These rebels are enjoying time in the limelight. Rushed from TV studio to TV studio, they are often presented as moral knights taking on an overbearing dragon of a PM. In fact, these rebels would perhaps be better described as saboteurs, who block and wreck. Parliament’s no-men aren’t doing democracy proud: they are tying it up in a series of ‘yeah buts….’

Whatever the issue, rebels’ objections seem to have the same flavour. Rather than raising specific objections with a bill, they’ll frown and say that they have ‘concerns’. Backbench MPs table a motion expressing ‘grave reservations’ about Blair’s education White Paper, which plans to give secondary schools more autonomy from local authorities. Helen Jones, a member of the health select committee, said ‘my impression is that there are a number of my colleagues who have concerns [about the education reforms]’ (1). In a comment piece in the Guardian, Fiona Millar, partner of Blair’s former press spokesman Alastair Campbell, says there is reason for MPs to have ‘deep anxieties’ about the reforms.

When asked to elaborate, rebels sound a bit like pensioners who complain about council plans for a new supermarket. It won’t work, they say. ‘The evidence is not yet there’, worries Jones. Critics of Blair’s ID card bill talk about the potential cost of the cards, and wonder whether they will really achieve anything. Alternatively, opponents highlight potential knock-on effects of new legislation. Theresa May, shadow culture secretary, described the 24-drinking law as ‘dangerous…which will fuel even more violence and anti-social behaviour’ (3). Labour MP Mark Fisher was concerned that 90-day detentions for terror suspects might cause a backlash among British Muslims.

There’s little sign of any principles here. Few mentioned liberty in their defeat of 90-day detentions or opposition to ID cards (see A bad day for Blair – an even worse one for liberty, by Brendan O’Neill). The objections often seem to be those of a pedant picking out faults.

The main aim is often just to block, to slow things down. Twenty-four-hour drinking laws are due to come in next week – but tonight the Tories are forcing a vote attempting to annul the Licensing Act, which was passed two years ago. Other rebellions aim to dilute government plans. Blair says 90 days’ detention without trial and so rebels say 28 days. (If he had said 28 days maybe they would have said 14 days.) In other cases, rebels seem contrarians: Blair wants to compromise on a ban on smoking in public, so they go for an outright ban.

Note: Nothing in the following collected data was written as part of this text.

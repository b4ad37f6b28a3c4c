-- ===== src/Tests/Server.antt =====
-- A server that keeps its objects in a list, the newest first, and keeps to the contract of `IsServer`.
use ingress_nginx_gateway_br.Common.{
  some_inj, ◌≡◌, refl, sym, ◌∙◌, ap, subst, ◌⊎◌, inl, inr, Bool, true, false, not, Option, none,
  some, List, [], ◌∷◌, if◌then◌else◌, keep, Memᴰ, Mem-keep, Bool-cases, ◌==◌, eq_iff, eq_refl,
  arith, none-some,
}
use ingress_nginx_gateway_br.Controller.Observed.{Found, found, not_found}
use ingress_nginx_gateway_br.Controller.Cluster.{
  ObjectKey, object_key_key, Object, Client, IsServer, deleted, is_listed,
}

abbrev pub shown : List Object → ObjectKey → Option Object
shown [] key = none
shown (object ∷ objects) key = if object.key == key then some object else shown objects key

unfoldable pub visible : List Object → List Object
visible [] = []
visible (object ∷ objects) =
    object ∷ keep (λ other. not (object.key == other.key)) (visible objects)

abbrev found_or : Option Object → Found Object
found_or none = not_found
found_or (some object) = found object

abbrev pub list_server : Client (List Object)
list_server = record {
  get = λ s key. found_or (shown s key);
  list = λ s kind namespace wanted. some (keep (is_listed kind namespace wanted) (visible s));
  patch = λ s object. (true, object ∷ s);
  delete = λ s key. (deleted, keep (λ object. not (object.key == key)) s);
}

shown_key :
    (s : List Object) (key : ObjectKey) (object : Object)
    → shown s key ≡ some object
    → object.key ≡ key
shown_key [] key object stands = elim (none-some stands) [ ]
shown_key (first ∷ s) key object stands = elim (Bool-cases (first.key == key)) [
  | inl same ↦ ground (arith, stands, same, eq_iff first.key key)
  | inr other ↦ shown_key s key object (ground (arith, stands, other))
]

Mem-cases :
    (item first : Object) (items : List Object)
    → Memᴰ item (first ∷ items)
    → (item ≡ first) ⊎ Memᴰ item items
Mem-cases item first items (Memᴰ.head e) = inl e
Mem-cases item first items (Memᴰ.tail m) = inr m

keep-Mem :
    (p : Object → Bool) (item : Object) (items : List Object)
    → Memᴰ item (keep p items)
    → Memᴰ item items × (p item ≡ true)
unfolding keep
keep-Mem p item [] member = elim member [ ]
keep-Mem p item (first ∷ items) member = elim (Bool-cases (p first)) [
  | inl kept ↦
      elim (Mem-cases item first (keep p items)
        (subst (λ xs. Memᴰ item xs) (rw kept refl) member)) [
          | inl e ↦ (Memᴰ.head e, ap p e ∙ kept)
          | inr m ↦ let (there, passes) = keep-Mem p item items m in (Memᴰ.tail there, passes)
        ]
  | inr dropped ↦
      let (there, passes) =
        keep-Mem p item items (subst (λ xs. Memᴰ item xs) (rw dropped refl) member) in
      (Memᴰ.tail there, passes)
]

visible-shown :
    (s : List Object) (item : Object) → Memᴰ item (visible s) → shown s item.key ≡ some item
unfolding visible
visible-shown [] item member = elim member [ ]
visible-shown (first ∷ s) item (Memᴰ.head e) = ground (arith, e, eq_refl first.key)
visible-shown (first ∷ s) item (Memᴰ.tail m) =
    let (there, other) = keep-Mem (λ x. not (first.key == x.key)) item (visible s) m in
    ground (arith, visible-shown s item there, other)

shown-visible :
    (s : List Object) (key : ObjectKey) (object : Object)
    → shown s key ≡ some object
    → Memᴰ object (visible s)
unfolding visible
shown-visible [] key object stands = elim (none-some stands) [ ]
shown-visible (first ∷ s) key object stands = elim (Bool-cases (first.key == key)) [
  | inl same ↦ Memᴰ.head (ground (arith, stands, same))
  | inr other ↦
      let there : shown s key ≡ some object = ground (arith, stands, other) in
      Memᴰ.tail (
        Mem-keep (λ x. not (first.key == x.key)) object (visible s)
          (shown-visible s key object there) (ground (arith, shown_key s key object there, other)))
]

shown-keep_other :
    (s : List Object) (key other : ObjectKey)
    → (key == other) ≡ false
    → shown (keep (λ object. not (object.key == key)) s) other ≡ shown s other
unfolding keep
shown-keep_other [] key other different = refl
shown-keep_other (first ∷ s) key other different = elim (Bool-cases (first.key == key)) [
  | inl gone ↦ rw gone (
      shown-keep_other s key other different
      ∙ ground (arith, gone, different, eq_iff first.key key))
  | inr kept ↦ ground (arith, kept, shown-keep_other s key other different)
]

shown-keep :
    (s : List Object) (key : ObjectKey)
    → shown (keep (λ object. not (object.key == key)) s) key ≡ none
unfolding keep
shown-keep [] key = refl
shown-keep (first ∷ s) key = elim (Bool-cases (first.key == key)) [
  | inl gone ↦ rw gone (shown-keep s key)
  | inr kept ↦ ground (arith, kept, shown-keep s key)
]

-- Its cache is never behind.
pub list_server-IsServer : IsServer list_server shown shown
list_server-IsServer = record {
  get_cached = λ s key object stands. inl (ap found_or stands);
  list_sound = λ s kind namespace wanted items item listed member.
      let here : Memᴰ item (keep (is_listed kind namespace wanted) (visible s)) =
        subst (λ xs. Memᴰ item xs) (sym (some_inj listed)) member in
      let (there, passes) = keep-Mem (is_listed kind namespace wanted) item (visible s) here in
      (passes, visible-shown s item there);
  list_complete = λ s kind namespace wanted items key object listed stands matching.
      subst (λ xs. Memᴰ object xs) (some_inj listed)
        (Mem-keep (is_listed kind namespace wanted) object (visible s)
          (shown-visible s key object stands) matching);
  patch_other = λ s object key other. (rw other refl, inr refl);
  delete_other = λ s key other different. (shown-keep_other s key other different, inr refl);
  delete_self = λ s key. inl (shown-keep s key);
  delete_done = λ s key done. shown-keep s key;
}

-- The functions above, for the tests.
unfoldable pub server_functions : Unit {0}
unfolding visible keep
server_functions = tt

The government’s opponents are presented as being on the side of the people, but it often seems to be more about a personal power trip. Reports talk about the rebels ‘flexing their muscles’ or ‘creating problems for Blair’. Former health minister Frank Dobson even quoted some bold bits of Shakespeare at Blair: ‘Fear no more the frown o’ the great. Though art past the tyrant’s stroke.’ (4) In interviews, rebels speculate about the damage they can do in the future.

Indeed, some are spurned or passed-over former ministers, and so have personal axes to grind. The list of repeat rebels includes Clare Short, former international development secretary; Michael Meacher, former environment secretary; Chris Smith, former culture secretary; Kate Hoey, former sports minister….

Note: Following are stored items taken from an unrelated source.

-- ===== src/Tests/Clusters.antt =====
-- Reconciliations against a small server.
use ingress_nginx_gateway_br.Common.{inl, any, ◌≡◌, refl, true, false, none, some, List, [], ◌∷◌}
use ingress_nginx_gateway_br.Text.{Text, text_key, codes, text_functions}
use ingress_nginx_gateway_br.Api.{NamespacedName, name_key}
use ingress_nginx_gateway_br.Types.{managed_by_label}
use ingress_nginx_gateway_br.Controller.Selection.{Config}
use ingress_nginx_gateway_br.Controller.Observed.{not_found, observed_functions}
use ingress_nginx_gateway_br.Controller.ParentStatus.{condition_true}
use ingress_nginx_gateway_br.Controller.Readiness.{ready}
use ingress_nginx_gateway_br.Controller.Cluster.{
  Kind, http_route, snippets_filter, ObjectKey, object_key_key, Object, document, cluster_functions,
}
use ingress_nginx_gateway_br.Controller.Apply.{source_labels, apply_functions}
use ingress_nginx_gateway_br.Controller.Pruned.{is_owned}
use ingress_nginx_gateway_br.Controller.ManagedPlan.{Memory}
use ingress_nginx_gateway_br.Controller.TranslationStatus.{TranslationStatus}
use ingress_nginx_gateway_br.Controller.StatusFrame.{IsApart}
use ingress_nginx_gateway_br.Controller.IngressPlan.{routeless}
use ingress_nginx_gateway_br.Controller.Reconcile.{Environment, reconcile, reconcile_functions}
use ingress_nginx_gateway_br.Controller.Untouched.{idle, elapse, request, reconcile-Keeps}
use ingress_nginx_gateway_br.Controller.Released.{reconcile-IsReleased}
use ingress_nginx_gateway_br.Tests.Samples.{toy_sha256}
use ingress_nginx_gateway_br.Tests.Server.{
  shown, list_server, list_server-IsServer, server_functions,
}
use ingress_nginx_gateway_br.Tests.Caches.{toy_json}
use ingress_nginx_gateway_br.Tests.Controllers.{edge_config}

abbrev no_status : TranslationStatus
no_status = record {
  observed_generation = 0;
  translated = condition_true;
  ready_status = condition_true;
  generated_resources = [];
  issues = [];
}

-- No Ingress and no Secret exists, and every patch succeeds.
abbrev pub empty_environment : Environment (List Object)
empty_environment = record {
  sha256 = toy_sha256;
  json = toy_json;
  capacity = some 8;
  client = list_server;
  reads = record { list_ingresses = λ s namespace. some []; get_secret = λ s key. not_found };
  writes = record {
    patch_ingress = λ s object. (true, s);
    patch_ingress_status = λ s object. (true, s);
    patch_status = λ s key status. (true, s);
    held_status = λ s key. no_status;
    same_status = λ a b. false;
    same_addresses = λ a b. false;
  };
  get_ingress = λ s key. not_found;
  own = λ ing object. some object;
  translate = λ s ing options. routeless [] [];
  generated_ready = λ s objects. ready;
  primary_generation = λ s key. not_found;
  primary_status = λ s key. not_found;
  gateway_status = λ s. not_found;
}

pub environment-IsApart : IsApart empty_environment.writes shown shown
environment-IsApart = record {
  ingress_apart = λ s object key. (refl, inl refl);
  ingress_status_apart = λ s object key. (refl, inl refl);
  status_apart = λ s translation status key. (refl, inl refl);
}

abbrev pub plain_config : Config
plain_config = record edge_config { manage_gateway = false }

abbrev shop : NamespacedName
shop = record { namespace = codes "web"; name = codes "shop" }

abbrev key_of : Kind → Text → ObjectKey
key_of kind name = record { kind = kind; namespace = codes "web"; name = name }

-- An object of the bridge for the Ingress shop, and one that somebody else made.
abbrev pub generated : Kind → Text → Object
generated kind name = record {
  key = key_of kind name;
  labels = source_labels toy_sha256 shop;
  content = document (codes "generated");
}

abbrev handmade : Object
handmade = record {
  key = key_of http_route (codes "mine");
  labels = (managed_by_label, codes "me") ∷ [];
  content = document (codes "handmade");
}

abbrev pub held : List Object
held = generated http_route (codes "old") ∷ handmade ∷ generated snippets_filter (codes "s") ∷ []

abbrev pub nothing_known : Memory
nothing_known = record { listener_placements = none; certificates = []; affected_ingresses = [] }

-- Two requests, with a pause between them.
reconcile-Keeps_example :
    shown
      (reconcile empty_environment plain_config shop
        (reconcile empty_environment plain_config shop (nothing_known, held)).1).1.1
      handmade.key
    ≡ some handmade
unfolding text_functions cluster_functions
reconcile-Keeps_example =
    reconcile-Keeps empty_environment plain_config shown shown list_server-IsServer
      environment-IsApart (nothing_known, held)
      (reconcile empty_environment plain_config shop
        (reconcile empty_environment plain_config shop (nothing_known, held)).1).1
      handmade (request shop (elapse (refl, inl refl) (request shop idle))) refl refl refl

reconcile-IsReleased_example :
    shown
      (reconcile empty_environment plain_config shop (nothing_known, held)).1.1
      (generated http_route (codes "old")).key
    ≡ none
unfolding text_functions cluster_functions apply_functions reconcile_functions server_functions
    observed_functions toy_sha256 is_owned any
reconcile-IsReleased_example =
    reconcile-IsReleased empty_environment plain_config shown shown list_server-IsServer
      environment-IsApart shop nothing_known held (generated http_route (codes "old")) refl refl
      refl refl refl refl refl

Of course, opposition and debate is what parliament should be for. Government bills should face scrutiny and political opposition, if government is not to become mere administration. It’s also true that much New Labour legislation is illiberal and half-cocked. But this rising tide of rebellion doesn’t help to freshen the parliamentary air. This is less healthy scrutiny than knee-jerk reaction. Just listen to the metaphors used. Blair is described as a ‘wounded animal’ pursued by MPs who have ‘tasted blood’: this suggests a mindless following of the pack.

These rebels aren’t setting out a new political stall – rather, they are parasitic on a flailing prime minister. Behind the bravado, theirs is perhaps also a plea for attention, an invitation for their concerns to be recognised and listened to.

Rebels are starting to get what they want. Government officials have said that some reform plans will be delayed, as ministers spend more quality time with the doubters. Plans to shake up invalidity benefit have apparently been postponed until the New Year at least. Minister for work Margaret Hodge said: ‘We are taking our time but this is a long-term reform. I’d rather we took a bit of time getting everybody on board.’ The new work and pensions secretary, John Hutton, said that he would spend a few weeks ‘listening to people’s views’; and a Downing Street official said there would be personal audiences for Labour MPs with ‘reservations’ about the plans.

Blair’s ‘modernisation agenda’ is bad enough in itself. What is perhaps even worse is a modernisation agenda that is constantly being sabotaged. Our political life is quite dull enough without things grinding to a halt, until ministers have had their ‘fireside chats’ with doubters. If the rebels can’t put up, they might be better to shut up.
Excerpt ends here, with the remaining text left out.